Listed entries

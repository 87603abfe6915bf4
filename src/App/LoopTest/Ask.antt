-- ===== src/App/LoopTest/Ask.antt =====
-- The buffers that a round of main_txrx_test asks for, userspace/test_app/src/tc_test.c.
use streamio.Common.{◌*◌, ◌≤◌, ◌≡◌, refl, some, replicate, get_elem?-map, arith}
use streamio.Dma.{ChannelBuffer, Channel, buffer_size, sizeof_channel_buffer}
use streamio.Dma.Contents.{contents}
use streamio.Local.{LocalBuffer, Answers, io_write_stream_local}
use streamio.Local.Ring.{RingIsValid}
use streamio.Remote.Deliver.{put_bytes, get_buffer}
use streamio.Remote.Deliver.Calls.{
  Willing, Given, get_buffer-Given, get_buffer-contents, put_at, put_bytes-put,
}
use streamio.App.Transfers.{Transfers, write_stream-Transfers}
use streamio.App.LoopTest.{stale_bytes}
use streamio.App.LoopTest.Stale.{AllRoom}

-- The receiver's half of a round, up to its sync.
pub ask_packet :
    (a : Answers) (l : LocalBuffer)
    → RingIsValid l
    → Willing a
    → (r r1 : LocalBuffer) × (d : Channel) × (get_buffer a l ≡ some (r, l.current_buffer_id))
      × (put_bytes l.current_buffer_id 0 (replicate 8 255) r.channel ≡ some d)
      × (io_write_stream_local a
            (sizeof_channel_buffer * l.current_buffer_id)
            buffer_size
            (record r { channel = d })
          ≡ some (r1, l.current_buffer_id))
      × Transfers buffer_size 1 l r1
ask_packet a l v w =
    let (r, e1, h) = get_buffer-Given a l v w in
    let (e2, v2, f2) =
      put_bytes-put l.current_buffer_id 0 (replicate 8 255) h.buffer r h.valid v.current h.found
        (omega arith) in
    let d = put_at l.current_buffer_id 0 (replicate 8 255) h.buffer r.channel in
    let (r1, e3, asked) =
      write_stream-Transfers buffer_size a l r d v w h v2 refl refl (omega arith) in
    (r, r1, d, e1, e2, e3, asked)

-- The sender's buffer is asked for and filled.
pub record Asked (a : Answers) (l0 : LocalBuffer) : Type 0 where
  pub device : LocalBuffer
  pub given : Given l0 device
  pub run : get_buffer a l0 ≡ some (device, l0.current_buffer_id)
  pub fits : stale_bytes given.buffer.buffer ≤ buffer_size
  pub room : AllRoom (contents device.channel)

pub ask_buffer :
    (a : Answers) (l0 : LocalBuffer)
    → RingIsValid l0
    → AllRoom (contents l0.channel)
    → Willing a
    → Asked a l0
ask_buffer a l0 v room w =
    let (l, e, g) = get_buffer-Given a l0 v w in
    let same : contents l.channel ≡ contents l0.channel = get_buffer-contents a l0 e in
    let all : AllRoom (contents l.channel) = rw same room in
    let old =
      get_elem?-map (λ (x : ChannelBuffer). x.buffer) l.channel.buffer_table l0.current_buffer_id
        g.found in
    record {
      device = l;
      given = g;
      run = e;
      fits = all l0.current_buffer_id g.buffer.buffer old;
      room = all;
    }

Task to carry out
Each line in the listing above from the one containing "(sizeof_channel_buffer * l.current_buffer_id)" through the one containing "let (r1, e3, asked)" should be repeated exactly, and no other line.

Your solution
            (sizeof_channel_buffer * l.current_buffer_id)
            buffer_size
            (record r { channel = d })
          ≡ some (r1, l.current_buffer_id))
      × Transfers buffer_size 1 l r1
ask_packet a l v w =
    let (r, e1, h) = get_buffer-Given a l v w in
    let (e2, v2, f2) =
      put_bytes-put l.current_buffer_id 0 (replicate 8 255) h.buffer r h.valid v.current h.found
        (omega arith) in
    let d = put_at l.current_buffer_id 0 (replicate 8 255) h.buffer r.channel in
    let (r1, e3, asked) =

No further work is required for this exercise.